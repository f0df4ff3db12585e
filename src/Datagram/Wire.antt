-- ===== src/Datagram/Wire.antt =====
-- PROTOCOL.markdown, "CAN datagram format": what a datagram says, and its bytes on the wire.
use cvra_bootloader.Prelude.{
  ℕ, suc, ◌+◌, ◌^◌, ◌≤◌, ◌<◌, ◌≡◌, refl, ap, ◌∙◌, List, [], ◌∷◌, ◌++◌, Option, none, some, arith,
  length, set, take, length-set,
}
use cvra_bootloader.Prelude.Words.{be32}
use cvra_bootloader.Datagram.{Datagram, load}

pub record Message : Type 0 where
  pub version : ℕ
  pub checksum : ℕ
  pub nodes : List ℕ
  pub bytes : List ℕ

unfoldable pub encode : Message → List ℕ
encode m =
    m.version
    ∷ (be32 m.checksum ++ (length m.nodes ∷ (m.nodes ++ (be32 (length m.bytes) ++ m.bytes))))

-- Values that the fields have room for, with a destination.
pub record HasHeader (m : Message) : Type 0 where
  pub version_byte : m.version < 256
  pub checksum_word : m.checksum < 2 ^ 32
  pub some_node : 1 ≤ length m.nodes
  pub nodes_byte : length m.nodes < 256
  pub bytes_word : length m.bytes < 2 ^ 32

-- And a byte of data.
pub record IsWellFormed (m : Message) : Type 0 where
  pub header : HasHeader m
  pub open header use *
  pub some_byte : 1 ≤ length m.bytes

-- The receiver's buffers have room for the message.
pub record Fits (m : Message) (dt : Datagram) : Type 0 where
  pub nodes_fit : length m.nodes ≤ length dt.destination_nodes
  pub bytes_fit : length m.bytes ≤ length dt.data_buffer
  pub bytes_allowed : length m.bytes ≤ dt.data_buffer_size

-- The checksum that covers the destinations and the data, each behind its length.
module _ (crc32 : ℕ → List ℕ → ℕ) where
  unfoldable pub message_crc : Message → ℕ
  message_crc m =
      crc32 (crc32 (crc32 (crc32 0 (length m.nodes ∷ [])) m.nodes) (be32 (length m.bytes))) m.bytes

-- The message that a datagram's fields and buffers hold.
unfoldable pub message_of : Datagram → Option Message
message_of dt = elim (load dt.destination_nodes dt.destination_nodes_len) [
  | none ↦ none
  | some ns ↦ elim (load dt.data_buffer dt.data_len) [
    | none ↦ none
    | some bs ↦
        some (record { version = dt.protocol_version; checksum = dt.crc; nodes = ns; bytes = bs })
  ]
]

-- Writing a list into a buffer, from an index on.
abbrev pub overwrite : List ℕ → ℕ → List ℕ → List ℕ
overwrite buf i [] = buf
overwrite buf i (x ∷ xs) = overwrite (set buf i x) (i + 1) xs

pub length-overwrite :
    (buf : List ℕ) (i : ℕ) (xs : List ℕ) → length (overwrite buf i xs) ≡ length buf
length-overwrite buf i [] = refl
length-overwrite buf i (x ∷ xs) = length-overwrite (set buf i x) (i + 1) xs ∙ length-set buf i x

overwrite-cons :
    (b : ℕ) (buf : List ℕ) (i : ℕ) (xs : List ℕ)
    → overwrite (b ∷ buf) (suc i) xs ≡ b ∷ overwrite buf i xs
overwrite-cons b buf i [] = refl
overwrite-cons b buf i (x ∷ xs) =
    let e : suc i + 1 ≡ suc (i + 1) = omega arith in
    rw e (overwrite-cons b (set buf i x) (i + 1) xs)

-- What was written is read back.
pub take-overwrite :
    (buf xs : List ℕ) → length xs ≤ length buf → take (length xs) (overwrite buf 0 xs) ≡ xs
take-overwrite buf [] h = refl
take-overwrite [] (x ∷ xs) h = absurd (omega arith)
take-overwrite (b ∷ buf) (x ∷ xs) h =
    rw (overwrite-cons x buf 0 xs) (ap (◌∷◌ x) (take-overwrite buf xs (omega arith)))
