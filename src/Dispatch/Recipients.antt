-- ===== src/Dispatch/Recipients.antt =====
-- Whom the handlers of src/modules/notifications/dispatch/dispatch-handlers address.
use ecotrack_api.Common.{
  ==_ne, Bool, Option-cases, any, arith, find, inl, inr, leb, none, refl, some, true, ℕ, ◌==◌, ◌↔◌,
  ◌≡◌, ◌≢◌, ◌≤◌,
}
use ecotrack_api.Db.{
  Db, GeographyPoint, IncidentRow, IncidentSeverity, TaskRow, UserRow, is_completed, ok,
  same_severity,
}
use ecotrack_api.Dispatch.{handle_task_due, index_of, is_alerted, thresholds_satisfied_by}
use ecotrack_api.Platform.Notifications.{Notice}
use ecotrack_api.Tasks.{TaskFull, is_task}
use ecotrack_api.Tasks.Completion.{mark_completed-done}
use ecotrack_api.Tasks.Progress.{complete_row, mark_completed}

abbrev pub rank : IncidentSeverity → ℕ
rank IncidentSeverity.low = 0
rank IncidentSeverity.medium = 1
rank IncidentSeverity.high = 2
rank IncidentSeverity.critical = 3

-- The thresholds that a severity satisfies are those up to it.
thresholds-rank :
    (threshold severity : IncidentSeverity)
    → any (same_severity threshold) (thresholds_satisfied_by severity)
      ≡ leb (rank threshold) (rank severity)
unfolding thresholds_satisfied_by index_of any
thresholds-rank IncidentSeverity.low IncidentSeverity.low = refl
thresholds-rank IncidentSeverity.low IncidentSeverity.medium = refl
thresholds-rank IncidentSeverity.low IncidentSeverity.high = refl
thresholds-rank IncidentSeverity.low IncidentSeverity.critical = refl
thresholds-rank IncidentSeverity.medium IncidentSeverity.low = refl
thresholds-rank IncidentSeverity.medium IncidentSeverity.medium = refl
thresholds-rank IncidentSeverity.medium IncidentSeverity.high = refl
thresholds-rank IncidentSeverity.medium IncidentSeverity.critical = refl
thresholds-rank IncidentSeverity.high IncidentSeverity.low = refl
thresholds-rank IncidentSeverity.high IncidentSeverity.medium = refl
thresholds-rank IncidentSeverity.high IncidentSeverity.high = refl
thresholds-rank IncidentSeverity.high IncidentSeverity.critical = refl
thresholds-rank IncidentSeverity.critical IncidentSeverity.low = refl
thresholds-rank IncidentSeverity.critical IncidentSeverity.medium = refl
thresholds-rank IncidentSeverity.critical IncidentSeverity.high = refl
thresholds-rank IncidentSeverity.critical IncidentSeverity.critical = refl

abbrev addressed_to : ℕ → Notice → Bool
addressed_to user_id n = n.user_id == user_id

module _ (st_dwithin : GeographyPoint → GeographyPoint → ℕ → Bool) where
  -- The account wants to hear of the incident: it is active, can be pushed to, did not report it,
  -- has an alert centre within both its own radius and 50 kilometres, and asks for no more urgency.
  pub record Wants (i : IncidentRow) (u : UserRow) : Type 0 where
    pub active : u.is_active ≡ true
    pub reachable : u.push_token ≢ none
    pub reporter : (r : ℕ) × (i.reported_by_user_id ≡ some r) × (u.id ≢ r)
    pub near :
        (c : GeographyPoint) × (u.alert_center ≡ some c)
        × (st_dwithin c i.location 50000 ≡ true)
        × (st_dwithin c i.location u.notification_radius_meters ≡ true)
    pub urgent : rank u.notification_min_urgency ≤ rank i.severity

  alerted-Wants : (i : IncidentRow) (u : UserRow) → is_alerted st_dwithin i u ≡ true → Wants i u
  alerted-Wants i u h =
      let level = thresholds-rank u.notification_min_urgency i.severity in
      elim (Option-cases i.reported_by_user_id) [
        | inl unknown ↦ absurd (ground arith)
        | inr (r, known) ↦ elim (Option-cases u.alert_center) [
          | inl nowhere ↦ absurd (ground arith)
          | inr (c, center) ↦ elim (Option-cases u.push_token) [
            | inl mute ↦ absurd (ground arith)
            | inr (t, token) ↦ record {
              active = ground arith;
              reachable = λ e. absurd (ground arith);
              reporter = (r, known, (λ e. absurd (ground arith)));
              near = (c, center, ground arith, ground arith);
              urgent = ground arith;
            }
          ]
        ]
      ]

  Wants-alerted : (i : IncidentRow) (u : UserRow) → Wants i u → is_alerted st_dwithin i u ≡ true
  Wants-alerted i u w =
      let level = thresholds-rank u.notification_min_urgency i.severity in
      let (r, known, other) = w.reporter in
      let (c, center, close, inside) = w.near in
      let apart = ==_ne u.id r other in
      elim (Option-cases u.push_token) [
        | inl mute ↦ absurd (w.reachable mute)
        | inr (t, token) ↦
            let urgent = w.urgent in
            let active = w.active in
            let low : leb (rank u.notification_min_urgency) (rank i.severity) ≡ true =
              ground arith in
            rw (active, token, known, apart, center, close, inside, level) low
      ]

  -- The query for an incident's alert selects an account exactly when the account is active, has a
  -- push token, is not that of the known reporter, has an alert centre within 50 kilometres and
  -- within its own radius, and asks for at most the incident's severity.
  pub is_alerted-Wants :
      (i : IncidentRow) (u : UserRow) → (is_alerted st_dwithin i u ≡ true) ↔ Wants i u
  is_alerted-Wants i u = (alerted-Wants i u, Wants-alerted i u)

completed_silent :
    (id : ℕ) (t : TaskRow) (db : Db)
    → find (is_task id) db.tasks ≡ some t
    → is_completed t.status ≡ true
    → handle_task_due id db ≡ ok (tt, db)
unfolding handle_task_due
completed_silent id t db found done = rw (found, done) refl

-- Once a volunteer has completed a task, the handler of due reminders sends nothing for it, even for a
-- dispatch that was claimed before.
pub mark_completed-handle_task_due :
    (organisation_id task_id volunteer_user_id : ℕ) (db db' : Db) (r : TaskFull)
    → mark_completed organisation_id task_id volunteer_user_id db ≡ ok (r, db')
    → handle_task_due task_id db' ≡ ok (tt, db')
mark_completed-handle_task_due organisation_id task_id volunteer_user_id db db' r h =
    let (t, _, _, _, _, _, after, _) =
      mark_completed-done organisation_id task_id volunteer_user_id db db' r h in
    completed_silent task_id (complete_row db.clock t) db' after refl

********************

| YOUR ASSIGNMENT |
From the opening line of the data above, please print each line as written up to and including the line that contains "-- The receiver's", and nothing more.

| EXERCISE SOLUTION |
repository f0df4ff3db12585e
filename src/Datagram/Wire.antt
-- ===== src/Datagram/Wire.antt =====
-- PROTOCOL.markdown, "CAN datagram format": what a datagram says, and its bytes on the wire.
use cvra_bootloader.Prelude.{
  ℕ, suc, ◌+◌, ◌^◌, ◌≤◌, ◌<◌, ◌≡◌, refl, ap, ◌∙◌, List, [], ◌∷◌, ◌++◌, Option, none, some, arith,
  length, set, take, length-set,
}
use cvra_bootloader.Prelude.Words.{be32}
use cvra_bootloader.Datagram.{Datagram, load}

pub record Message : Type 0 where
  pub version : ℕ
  pub checksum : ℕ
  pub nodes : List ℕ
  pub bytes : List ℕ

unfoldable pub encode : Message → List ℕ
encode m =
    m.version
    ∷ (be32 m.checksum ++ (length m.nodes ∷ (m.nodes ++ (be32 (length m.bytes) ++ m.bytes))))

-- Values that the fields have room for, with a destination.
pub record HasHeader (m : Message) : Type 0 where
  pub version_byte : m.version < 256
  pub checksum_word : m.checksum < 2 ^ 32
  pub some_node : 1 ≤ length m.nodes
  pub nodes_byte : length m.nodes < 256
  pub bytes_word : length m.bytes < 2 ^ 32

-- And a byte of data.
pub record IsWellFormed (m : Message) : Type 0 where
  pub header : HasHeader m
  pub open header use *
  pub some_byte : 1 ≤ length m.bytes

-- The receiver's buffers have room for the message.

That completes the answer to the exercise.